Wenn es nur einen gibt , warum kann ich dann im Byte-format die Nummer des Zähler ändern?????
In der Hilfefunktion steht dass man den Wert zwischen 0...7 eingeben kann, dass hört sich so an als ob man 8 Zähler realisieren könnte!


----------



## Ralle (29 Januar 2007)

Ehrlich, ich halte von den Dingern eh nix, nimm doch einen Datenbaustein und den Taktmerker der CPU (1000ms) und zähl Doppelwörter hoch. Da paßt genug rein und du brauchst nicht mit den SFC hantieren.


----------



## plc_tippser (29 Januar 2007)

Outrider schrieb:


> Wenn es nur einen gibt , warum kann ich dann im Byte-format die Nummer des Zähler ändern?????
> In der Hilfefunktion steht dass man den Wert zwischen 0...7 eingeben kann, dass hört sich so an als ob man 8 Zähler realisieren könnte!


 

Weil die 318 und 400er Serie mehrere haben.

pt


----------



## MSB (29 Januar 2007)

@outrider
Es ehrt dich das du die Hilfe gelesen hast, da steht aber außerdem:


> Sie können eine CPU-spezifische Anzahl von Betriebsstundenzählern einstellen.


Mfg
Manuel


----------



## Question_mark (30 Januar 2007)

*Betriebsstundenzähler*

Hallo,



			
				Ralle schrieb:
			
		

> Ehrlich, ich halte von den Dingern eh nix, nimm doch einen Datenbaustein und den Taktmerker der CPU (1000ms) und zähl Doppelwörter hoch. Da paßt genug rein und du brauchst nicht mit den SFC hantieren.
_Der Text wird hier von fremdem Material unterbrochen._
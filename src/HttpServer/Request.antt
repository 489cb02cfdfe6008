-- ===== src/HttpServer/Request.antt =====
-- `HttpServer::handleRequest`, and the part of `Session::processRequest` that answers where it
-- throws. Handlers and middlewares are functions of the application; `W` is its state, which they
-- may change, together with the files that a read meets.
pub mod Chain
pub mod Answer
pub mod ContentType
pub mod Laws
mod Tests
use uni_serve_libhttp.Common.{
  ℕ, Bool, true, false, List, [], ◌∷◌, ◌++◌, Option, none, some, if◌then◌else◌, Str, bytes, empty,
}
use uni_serve_libhttp.HttpServer.Beast.{Beast}
use uni_serve_libhttp.HttpServer.Query.{Params, split_target, parse_query_params}
use uni_serve_libhttp.HttpServer.Routes.{Router, find_route}

-- What a `catch (const std::exception&)` catches, and everything else.
pub data Exception : Type 0 where
  std_exception : Str → Exception
  other : Exception

pub data Result (A : Type 0) : Type 0 where
  ok : A → Result A
  throws : Exception → Result A

-- The names of the media types by file extension, in the order of the tests.
module _ (ends_with : Str → Str → Bool) where
  unfoldable pub content_type_of : Str → Option Str
  content_type_of file_path =
      if ends_with file_path (bytes ".html")
      then some (bytes "text/html")
      else if ends_with file_path (bytes ".css")
      then some (bytes "text/css")
      else if ends_with file_path (bytes ".js")
      then some (bytes "application/javascript")
      else if ends_with file_path (bytes ".json")
      then some (bytes "application/json")
      else if ends_with file_path (bytes ".png")
      then some (bytes "image/png")
      else if ends_with file_path (bytes ".jpg")
      then some (bytes "image/jpeg")
      else if ends_with file_path (bytes ".jpeg")
      then some (bytes "image/jpeg")
      else none

module _ (b : Beast) (W : Type 0) where
  open b use {Request, Response}

  -- `HttpRequestHandler`
  abbrev pub Handler : Type 0
  Handler = Request → Params → W → Result Response × W

  -- `MiddlewareHandler`: the response is passed by reference.
  abbrev pub Middleware : Type 0
  Middleware = Request → Response → Params → W → Result (Bool × Response) × W

-- The external functions: `boost::split`, `ends_with`, and the content of a file that opens.
pub record Externals (W : Type 0) : Type 0 where
  pub split : ℕ → Str → List Str
  pub ends_with : Str → Str → Bool
  pub read_file : W → Str → Option Str

module _ (b : Beast) where
  open b use {Request, Response}

  -- `response.prepare_payload(); return response;`
  unfoldable pub finish : Response → Result Response
  finish response = elim (b.prepare_payload response) [
    | none ↦ throws (std_exception (bytes "invalid response body"))
    | some response' ↦ ok response'
  ]

  -- The response before the middlewares see it.
  unfoldable pub prepare_response : Request → Response
  prepare_response req = b.set_keep_alive (b.keep_alive req) (
      b.set_content_type (bytes "text/plain")
        (b.set_server (bytes "Boost.Beast HttpServer") (b.set_version (b.version req) b.response)))

  -- A response with another status and body.
  abbrev pub with_body : ℕ → Str → Response → Response
  with_body status body response = b.set_body body (b.set_result status response)

  abbrev pub with_type : Option Str → Response → Response
  with_type none response = response
  with_type (some t) response = b.set_content_type t response

  -- The answer of `processRequest` where `handleRequest` throws; its own `prepare_payload` is
  -- outside the `try`.
  unfoldable pub error_response : Request → Result Response
  error_response req = finish (
      b.set_body (bytes "500 Internal Server Error\n") (
        b.set_content_type (bytes "text/plain")
          (b.set_result 500 (b.set_version (b.version req) b.response))))

module _ (b : Beast) {W : Type 0} where
  open b use {Request, Response}

  -- A call of a `std::function`: an empty one throws `std::bad_function_call`.
  abbrev pub call_middleware : Option (Middleware b W) → Middleware b W
  call_middleware none req response params w =
      (throws (std_exception (bytes "bad_function_call")), w)
  call_middleware (some m) req response params w = m req response params w

  -- What the loop does with the outcome of one call; `true` says that the request is handled.
  unfoldable pub after_middleware :
      (Response → W → Result (Bool × Response) × W)
      → Result (Bool × Response) × W
      → Result (Bool × Response) × W
  after_middleware rest (throws e, w) = (throws e, w)
  after_middleware rest (ok (true, response), w) = rest response w
  after_middleware rest (ok (false, response), w) = (ok (true, response), w)

  unfoldable pub run_middlewares :
      Request
      → Params
      → List (Option (Middleware b W))
      → Response
      → W
      → Result (Bool × Response) × W
  unfolding after_middleware
  run_middlewares req params [] response w = (ok (false, response), w)
  run_middlewares req params (m ∷ ms) response w =
      after_middleware (run_middlewares req params ms) (call_middleware m req response params w)

  -- `try { return handler(req, query_params); } catch (const std::exception& e) { ... }`
  unfoldable pub catch_handler : Response → Result Response × W → Result Response × W
  catch_handler response (ok response', w) = (ok response', w)
  catch_handler response (throws (std_exception what), w) =
      (finish b (with_body b 500 (bytes "500 Internal Server Error\n") response), w)
  catch_handler response (throws other, w) = (throws other, w)

  -- The handler of `processRequest`.
  unfoldable pub catch_request : Request → Result Response × W → Result Response × W
  catch_request req (ok response, w) = (ok response, w)
  catch_request req (throws (std_exception what), w) = (error_response b req, w)
  catch_request req (throws other, w) = (throws other, w)

  module _ (x : Externals W) (t : Router (Handler b W) (Middleware b W)) where
    -- The file that a path without a handler names, where a directory is set and the file opens.
    unfoldable pub static_file : Str → W → Option Str
    static_file target_path w =
        if empty t.static_directory then none else x.read_file w (t.static_directory ++ target_path)

    unfoldable pub serve_file : Str → Str → Response → Result Response
    serve_file target_path content response = finish b (
        with_type b (content_type_of x.ends_with (t.static_directory ++ target_path))
          (with_body b 200 content response))

    -- What follows the middlewares.
    unfoldable pub respond : Request → Str → Params → Response → W → Result Response × W
    respond req target_path params response w =
        elim (find_route t (b.method_string req) target_path) [
          | some handler ↦ catch_handler response (handler req params w)
          | none ↦ elim (static_file target_path w) [
            | some content ↦ (serve_file target_path content response, w)
            | none ↦ (finish b (with_body b 404 (bytes "404 Not Found\n") response), w)
          ]
        ]

    -- Either a middleware has answered, or the routes do.
    unfoldable pub conclude :
        Request → Str → Params → Result (Bool × Response) × W → Result Response × W
    conclude req target_path params (throws e, w) = (throws e, w)
    conclude req target_path params (ok (true, response), w) = (finish b response, w)
    conclude req target_path params (ok (false, response), w) =
        respond req target_path params response w

    unfoldable pub handle_request : Request → W → Result Response × W
    handle_request req w =
        let (target_path, query_string) = split_target (b.target req) in
        let query_params = parse_query_params x.split query_string in
        conclude req target_path query_params
          (run_middlewares req query_params t.middlewares (prepare_response b req) w)

    -- The response that `processRequest` hands to `doWrite`.
    unfoldable pub process_request : Request → W → Result Response × W
    unfolding catch_request
    process_request req w = catch_request req (handle_request req w)
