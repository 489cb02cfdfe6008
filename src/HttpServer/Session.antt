-- ===== src/HttpServer/Session.antt =====
-- `HttpServer::Session` of src/HttpServer.cpp: one connection, from its first read or TLS handshake
-- to the close of its socket.
pub mod Fields
pub mod Exchange
pub mod Phases
mod Tests
use uni_serve_libhttp.Common.{
  Bool, true, false, not, ◌&&◌, List, [], ◌∷◌, ◌++◌, Option, none, some, if◌then◌else◌,
}
use uni_serve_libhttp.HttpServer.Beast.{Beast}
use uni_serve_libhttp.HttpServer.Routes.{Router}
use uni_serve_libhttp.HttpServer.Request.{
  Exception, Result, ok, throws, Handler, Middleware, Externals, process_request,
}

-- `socket_`, or `*ssl_stream_`.
pub data Stream : Type 0 where
  plain tls : Stream

-- The outstanding operations; a write holds its response.
pub data Op (b : Beast) : Type 0 where
  handshake : Op b
  read : Stream → Op b
  write : Stream → b.Response → Op b

-- What an operation completes with: an error, success, or success with a request.
pub data Outcome (b : Beast) : Type 0 where
  fails succeeds : Outcome b
  reads : b.Request → Outcome b

-- `written` is what was handed to `http::async_write`, in order; `thrown` is the exception that left
-- a completion handler.
pub record Session (b : Beast) (W : Type 0) : Type 0 where
  pub ssl_enabled : Bool
  pub ssl_stream : Bool
  pub is_open : Bool
  pub pending : List (Op b)
  pub written : List b.Response
  pub thrown : Option Exception
  pub world : W

module _ {b : Beast} {W : Type 0} where
  -- The constructors: without TLS, and with it.
  unfoldable pub new_session : Bool → W → Session b W
  new_session ssl w = record {
    ssl_enabled = ssl;
    ssl_stream = ssl;
    is_open = true;
    pending = [];
    written = [];
    thrown = none;
    world = w;
  }

  unfoldable pub close : Session b W → Session b W
  close s =
      if s.ssl_enabled && s.ssl_stream
      then record s { is_open = false }
      else if s.is_open
      then record s { is_open = false }
      else s

  abbrev pub enqueue : Op b → Session b W → Session b W
  enqueue op s = record s { pending = s.pending ++ (op ∷ []) }

  unfoldable pub do_ssl_handshake : Session b W → Session b W
  do_ssl_handshake s = enqueue handshake s

  unfoldable pub do_read : Session b W → Session b W
  do_read s = if s.ssl_enabled && s.ssl_stream then enqueue (read tls) s else enqueue (read plain) s

  unfoldable pub do_write : b.Response → Session b W → Session b W
  do_write response s =
      let sent : Session b W = record s { written = s.written ++ (response ∷ []) } in
      if s.ssl_enabled && s.ssl_stream
      then enqueue (write tls response) sent
      else enqueue (write plain response) sent

  unfoldable pub run : Session b W → Session b W
  unfolding do_ssl_handshake do_read
  run s = if s.ssl_enabled then do_ssl_handshake s else do_read s

  unfoldable pub on_handshake : Outcome b → Session b W → Session b W
  unfolding do_read
  on_handshake fails s = s
  on_handshake succeeds s = do_read s
  on_handshake (reads req) s = do_read s

  -- `write_callback`
  unfoldable pub on_write : b.Response → Outcome b → Session b W → Session b W
  unfolding close do_read
  on_write response fails s = s
  on_write response _ s = if not (b.view response).keep_alive then close s else do_read s

  -- The end of `processRequest`.
  unfoldable pub answer : Result b.Response × W → Session b W → Session b W
  unfolding do_write
  answer (ok response, w) s = do_write response (record s { world = w })
  answer (throws e, w) s = record s { thrown = some e; world = w }

  -- The object is destroyed, and its socket closed, once no operation holds it.
  unfoldable pub release : Session b W → Session b W
  unfolding close
  release s = elim s.pending [ [] ↦ close s | _ ↦ s ]

  module _ (x : Externals W) (t : Router (Handler b W) (Middleware b W)) where
    unfoldable pub handle_read : Outcome b → Session b W → Session b W
    unfolding answer
    handle_read fails s = s
    handle_read succeeds s = s
    handle_read (reads req) s = answer (process_request b x t req s.world) s

    unfoldable pub handle : Op b → Outcome b → Session b W → Session b W
    unfolding on_handshake on_write handle_read
    handle handshake o s = on_handshake o s
    handle (read stream) o s = handle_read o s
    handle (write stream response) o s = on_write response o s

    -- The completion of the oldest outstanding operation.
    unfoldable pub complete : List (Op b) → Outcome b → Session b W → Session b W
    unfolding release
    complete [] o s = s
    complete (op ∷ rest) o s = release (handle op o (record s { pending = rest }))

    unfoldable pub run_all : List (Outcome b) → Session b W → Session b W
    run_all [] s = s
    run_all (o ∷ os) s = run_all os (complete s.pending o s)
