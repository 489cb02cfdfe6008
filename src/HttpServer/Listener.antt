-- ===== src/HttpServer/Listener.antt =====
-- `HttpServer::Listener` of src/HttpServer.cpp, the connections that it has accepted, and the worker
-- threads that run the handlers of both.
mod Exceptions
pub mod Serving
pub mod Isolation
mod Tests
use uni_serve_libhttp.Common.{
  ℕ, zero, suc, ◌-◌, ◌+◌, Bool, true, false, not, ◌&&◌, List, [], ◌∷◌, ◌++◌, Option, none, some,
  if◌then◌else◌, ltb, get_elem?, set,
}
use uni_serve_libhttp.HttpServer.Beast.{Beast}
use uni_serve_libhttp.HttpServer.Routes.{Router}
use uni_serve_libhttp.HttpServer.Request.{
  Exception, std_exception, other, Handler, Middleware, Externals,
}
use uni_serve_libhttp.HttpServer.Session.{Outcome, Session, new_session, complete}
use uni_serve_libhttp.HttpServer.Session

-- `accepts` counts the outstanding `async_accept`, and `sessions` are the connections in the order
-- of their acceptance, also those that have ended. `workers` are the threads inside `ioc_->run()`;
-- `terminated` says that an exception has ended the process. `world` is the one state of the
-- application, which a session sees while its handler runs.
pub record Listener (b : Beast) (W : Type 0) : Type 0 where
  pub ssl_enabled : Bool
  pub ssl_ctx : Bool
  pub acceptor_open : Bool
  pub accepts : ℕ
  pub sessions : List (Session b W)
  pub workers : ℕ
  pub terminated : Bool
  pub world : W

-- What happens to a running server: an accept completes, with or without an error, or the oldest
-- operation of a connection does.
pub data Event (b : Beast) : Type 0 where
  accepted : Bool → Event b
  completes : ℕ → Outcome b → Event b

module _ {b : Beast} {W : Type 0} where
  -- The two constructors, behind an `initAcceptor` that does not throw.
  unfoldable pub new_listener : Bool → ℕ → W → Listener b W
  new_listener ssl threads w = record {
    ssl_enabled = ssl;
    ssl_ctx = ssl;
    acceptor_open = true;
    accepts = 0;
    sessions = [];
    workers = threads;
    terminated = false;
    world = w;
  }

  unfoldable pub do_accept : Listener b W → Listener b W
  do_accept l = record l { accepts = l.accepts + 1 }

  unfoldable pub run : Listener b W → Listener b W
  unfolding do_accept
  run l = if l.acceptor_open then do_accept l else l

  -- A new `Session` for a socket, and its `run`.
  unfoldable pub open_session : Listener b W → Session b W
  open_session l =
      if l.ssl_enabled && l.ssl_ctx
      then Session.run (new_session true l.world)
      else Session.run (new_session false l.world)

  -- The handler of `async_accept`; the flag says that there is an error.
  unfoldable pub on_accept : Bool → Listener b W → Listener b W
  unfolding do_accept open_session
  on_accept true l = do_accept l
  on_accept false l = do_accept (record l { sessions = l.sessions ++ (open_session l ∷ []) })

  -- The `catch` block of a worker thread, behind which the thread ends.
  unfoldable pub catch_worker : Option Exception → Listener b W → Listener b W
  catch_worker none l = l
  catch_worker (some (std_exception what)) l = record l { workers = l.workers - 1 }
  catch_worker (some other) l = record l { terminated = true }

  -- An `async_accept` completes where one is outstanding.
  unfoldable pub complete_accept : Bool → ℕ → Listener b W → Listener b W
  complete_accept error zero l = l
  complete_accept error (suc n) l = on_accept error (record l { accepts = n })

  -- The session as its handler finds it, in the state that the application is in.
  abbrev pub entered : Listener b W → Session b W → Session b W
  entered l s = record s { world = l.world; thrown = none }

  -- What a handler of the session at a position leaves behind.
  unfoldable pub leave : ℕ → Session b W → Listener b W → Listener b W
  unfolding catch_worker
  leave i s l = catch_worker s.thrown (record l { sessions = set l.sessions i s; world = s.world })

  -- Handlers run only in a worker thread of a living process.
  abbrev pub can_run : Listener b W → Bool
  can_run l = not l.terminated && ltb 0 l.workers

  module _ (x : Externals W) (t : Router (Handler b W) (Middleware b W)) where
    unfoldable pub complete_session :
        ℕ → Outcome b → Option (Session b W) → Listener b W → Listener b W
    complete_session i o none l = l
    complete_session i o (some s) l = leave i (complete x t s.pending o (entered l s)) l

    unfoldable pub handle : Event b → Listener b W → Listener b W
    handle (accepted error) l = complete_accept error l.accepts l
    handle (completes i o) l = complete_session i o (get_elem? l.sessions i) l

    unfoldable pub step : Event b → Listener b W → Listener b W
    step e l = if can_run l then handle e l else l

    unfoldable pub run_events : List (Event b) → Listener b W → Listener b W
    run_events [] l = l
    run_events (e ∷ es) l = run_events es (step e l)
Ja, aber das Thema ist nicht unkritisch. Die BSZ (Betriebsstundenzähler) der CPU arbeiten unabhängig von Datenbausteinen in der CPU, egal was auch passiert. Leider sind es zuwenig, was soll ich z.B. mit 16 BSZ. Das hätte Siemens sich auch sparen können. Stell Dir mal folgendes vor :

Betriebsstunden wurden bisher zuverlässig und minutiös über Jahre durch das SPS-Anwenderprogramm in DB's kumulativ aufsummiert.
Die Anlage hat eine Störung und wird dann mal versuchsweise  durch den Elektriker der Bereitschaft neu mit dem Programm vom Pg geladen (er weiss sich halt nicht anders zu helfen und manchmal soll das sogar funktionieren).
Muss ich noch mehr schreiben ???

Gruss

Question_mark


----------



## volker (31 Januar 2007)

Question_mark schrieb:


> Die Anlage hat eine Störung und wird dann mal versuchsweise durch den Elektriker der Bereitschaft neu mit dem Programm vom Pg geladen (er weiss sich halt nicht anders zu helfen und manchmal soll das sogar funktionieren).
> Muss ich noch mehr schreiben ???


tja. leider ein problem.
und manchmal (wobei ich hier richtung 0,1 - 1 % tendiere) soll es wahrhafig funktionieren. 
mich ärgert dann meist, das die jungs nicht erst nach der wahren ursache suchen sondern viel zu schnell diese möglichkeit ausporbieren (und dann u.U mehr zerstören als reparieren).
und dann..... na dann rufen die halt an und weinen.
und dann..... muss ich uU nachts raus um die anlage wieder ans laufen zu bringen. 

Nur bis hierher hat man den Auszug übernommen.